De heerDuyvendak(GroenLinks)
Er was een amendement van 1 mln. Dit was geen motie, maar een amendement. Staatssecretaris Van Geel zei dat hij het in technische zin niet overnam, maar inhoudelijk wel. Dan mag de Kamer daaruit toch opmaken dat het miljoen daarvoor gereserveerd en hieraan uitgegeven wordt? Ik kan u wel Handelingen overleggen, waarin ik dit geconcludeerd hebt. Gaat het over het bedrag van 1 mln. heen; moet u terugkomen? Anders kunnen wij ook niet meer uitgaan van toezeggingen in plenaire debatten.
MinisterCramer
Ik zeg u toe dat ik hierop terugkom in een brief, bij voorkeur vóór het zomerreces.
De voorzitter:
In elk geval voordat wij gaan stemmen over het jaarverslag.

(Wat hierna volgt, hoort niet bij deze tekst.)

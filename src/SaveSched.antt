-- ===== src/SaveSched.antt =====
-- save_sched.h: when the autosave thread writes the world. The clock is an argument of each call,
-- as in the source; an instant or a duration is an exact signed number of clock units in place of a
-- `double` of seconds, so rounding is left out.
pub mod Policy
pub mod Runs
mod Tests
use ewb_server.Base.{
  ℤ, pos, ◌+ℤ◌, ◌-ℤ◌, ltb_ℤ, leb_ℤ, List, [], ◌∷◌, Bool, true, false, ◌&&◌, if◌then◌else◌, Text,
  codes, neg,
}

pub data SaveReason : Type 0 where
  none autosave departure : SaveReason

unfoldable pub save_reason_name : SaveReason → Text
save_reason_name autosave = codes "autosave"
save_reason_name departure = codes "departure"
save_reason_name none = codes "none"

unfoldable pub departure_requests_save : Bool → Bool
departure_requests_save joined = joined

pub record SaveSched : Type 0 where
  pub period : ℤ
  pub min_gap : ℤ
  pub last_save : ℤ
  pub next_tick : ℤ
  pub requested : Bool

-- The start of time: `last_save = -1e18`, in the same clock units.
abbrev pub long_ago : ℤ
long_ago = neg (pos 1_000_000_000_000_000_000)

unfoldable pub init : ℤ → ℤ → ℤ → SaveSched
init period min_gap now = record {
  period = period;
  min_gap = min_gap;
  last_save = long_ago;
  next_tick = now +ℤ period;
  requested = false;
}

unfoldable pub request : SaveSched → SaveSched
request s = record s { requested = true }

unfoldable pub due : SaveSched → ℤ → SaveReason
due s now =
    if leb_ℤ s.next_tick now
    then autosave
    else if s.requested && leb_ℤ s.min_gap (now -ℤ s.last_save)
    then departure
    else none

unfoldable pub earliest : SaveSched → ℤ
earliest s =
    let req = s.last_save +ℤ s.min_gap in
    if s.requested && ltb_ℤ req s.next_tick then req else s.next_tick

unfoldable pub next_wake : SaveSched → ℤ → ℤ
next_wake s now = if ltb_ℤ now (earliest s) then earliest s -ℤ now else pos 0

-- `next_tick` after an autosave: one period on, and never in the past.
advance : SaveSched → ℤ → ℤ
advance s now =
    let tick = s.next_tick +ℤ s.period in if leb_ℤ tick now then now +ℤ s.period else tick

unfoldable pub begin : SaveSched → ℤ → SaveReason → SaveSched
unfolding advance
begin s now none = s
begin s now departure = record s { requested = false; last_save = now }
begin s now autosave = record s { requested = false; last_save = now; next_tick = advance s now }

-- What reaches the scheduler: a connection closes, joined or not; the autosave thread runs a round
-- at `now`. A round that finds nothing due changes nothing.
pub data Event : Type 0 where
  closes : Bool → Event
  wakes : ℤ → Event

unfoldable pub close : SaveSched → Bool → SaveSched
unfolding departure_requests_save request
close s joined = if departure_requests_save joined then request s else s

-- The saves that are written, in order, each with its time and its reason.
log_save : ℤ → SaveReason → List (ℤ × SaveReason) → List (ℤ × SaveReason)
log_save now none saves = saves
log_save now autosave saves = (now, autosave) ∷ saves
log_save now departure saves = (now, departure) ∷ saves

unfoldable pub saves : SaveSched → List Event → List (ℤ × SaveReason)
unfolding close log_save due begin
saves s [] = []
saves s (closes joined ∷ es) = saves (close s joined) es
saves s (wakes now ∷ es) = log_save now (due s now) (saves (begin s now (due s now)) es)
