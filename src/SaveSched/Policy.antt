-- ===== src/SaveSched/Policy.antt =====
-- What the scheduler decides at one instant, and after one save.
use ewb_server.Base.{ℤ, pos, ◌+ℤ◌, ◌≤ℤ◌, ◌<ℤ◌, +ℤ_parts, -ℤ_parts, true, ◌≡◌, ◌≢◌, ◌↔◌, arith, refl}
use ewb_server.SaveSched.{
  SaveReason, none, autosave, departure, SaveSched, due, next_wake, begin, earliest, advance,
}

due-earliest : (s : SaveSched) (now : ℤ) → (due s now ≡ none) ↔ (now <ℤ earliest s)
unfolding due earliest
due-earliest s now = ground (arith, -ℤ_parts now s.last_save, +ℤ_parts s.last_save s.min_gap)

-- `next_wake` is positive exactly when nothing is due.
next_wake-due : (s : SaveSched) (now : ℤ) → (due s now ≡ none) ↔ (pos 0 <ℤ next_wake s now)
unfolding next_wake
next_wake-due s now = ground (arith, due-earliest s now, -ℤ_parts (earliest s) now)

next_wake-earliest : (s : SaveSched) (now : ℤ) → earliest s ≤ℤ now +ℤ next_wake s now
unfolding next_wake
next_wake-earliest s now = ground (arith, +ℤ_parts now (next_wake s now), -ℤ_parts (earliest s) now)

-- `next_wake` is how long the thread may sleep: while it is positive nothing is due, and after a
-- sleep of that length something is.
pub next_wake_lem :
    (s : SaveSched) (now : ℤ)
    → ((due s now ≡ none) ↔ (pos 0 <ℤ next_wake s now)) × (due s (now +ℤ next_wake s now) ≢ none)
next_wake_lem s now = (
  next_wake-due s now,
  λ e. omega (arith, next_wake-earliest s now, (due-earliest s (now +ℤ next_wake s now)).0 e),
)

due_autosave : (s : SaveSched) (now : ℤ) → due s now ≡ autosave → s.next_tick ≤ℤ now
unfolding due
due_autosave s now e = ground arith

pub due_departure :
    (s : SaveSched) (now : ℤ)
    → due s now ≡ departure
    → (s.last_save +ℤ s.min_gap ≤ℤ now) × (now <ℤ s.next_tick) × (s.requested ≡ true)
unfolding due
due_departure s now e = ground (arith, -ℤ_parts now s.last_save, +ℤ_parts s.last_save s.min_gap)

-- After an autosave the next tick lies ahead, by one period at most.
advance_bounds :
    (s : SaveSched) (now : ℤ)
    → pos 0 <ℤ s.period
    → s.next_tick ≤ℤ now
    → (now <ℤ advance s now) × (advance s now ≤ℤ now +ℤ s.period)
unfolding advance
advance_bounds s now h e = ground (arith, +ℤ_parts s.next_tick s.period, +ℤ_parts now s.period)

begin-quiet :
    (s : SaveSched) (now : ℤ) (r : SaveReason)
    → pos 0 <ℤ s.period
    → due s now ≡ r
    → due (begin s now r) now ≡ none
unfolding begin due
begin-quiet s now none h e = e
begin-quiet s now autosave h e =
    ground (arith, due_autosave s now e, advance_bounds s now h (due_autosave s now e))
begin-quiet s now departure h e = ground (arith, due_departure s now e)

-- Starting the save that is due settles the instant, however late it is: nothing more is due at the
-- same `now`. So a thread that overslept writes one save and not a burst.
pub begin_once :
    (s : SaveSched) (now : ℤ) → pos 0 <ℤ s.period → due (begin s now (due s now)) now ≡ none
begin_once s now h = begin-quiet s now (due s now) h refl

De heerDuyvendak(GroenLinks)
Volgende week hebben wij een algemeen overleg over moties en toezeggingen. Dat lijkt mij het moment om er desnoods nog eens op terug te komen.
MinisterCramer
Dan krijgt u antwoord op de vraag of het miljoen, in de zin zoals u dat hebt geformuleerd, inderdaad is gereserveerd. Daarop komt het neer.
De voorzitter:
Ja, dat vindt de heer Duyvendak ook: daar komt het op neer.
MinisterCramer
U hebt gesproken over de 209 megatonnen. Dat is inderdaad gewoon een foutje. Als dit niet goed vermeld is, moeten wij dit even corrigeren.
De heerDuyvendak(GroenLinks)
Als het in het vervolg maar wel goed gaat.
MinisterCramer
Ik ben hierop kien geweest. Blijkbaar heb ik iets over het hoofd gezien.
Wat de heer Poppe heeft gezegd, valt mij toch echt van hem tegen.
De heerPoppe(SP)
Ik noemde u nog wel zo'n vrolijke en vriendelijke minister.
MinisterCramer
Dat is niet het enige wat u zei. U spreekt over een beloftemachine, en een SER-ladder die niet wordt toegepast. Ook zou ik de touwtjes niet in handen hebben. Dit is toch een grote lijst met punten die niet kloppen. De SER-ladder gaat wel worden toegepast, mijnheer Poppe.
De heerPoppe(SP)
U zegt "gaat wel worden toegepast". Ik heb er dus gelijk in dat dit nog niet wordt toegepast.
MinisterCramer
Voordat wij dit kunnen doen, moeten wij de zaak wel eventjes afstemmen met de provincies en gemeenten. In het kader van de nieuwe Wet ruimtelijke ordening wordt het wel opgenomen. Daarover wordt u binnenkort geïnformeerd.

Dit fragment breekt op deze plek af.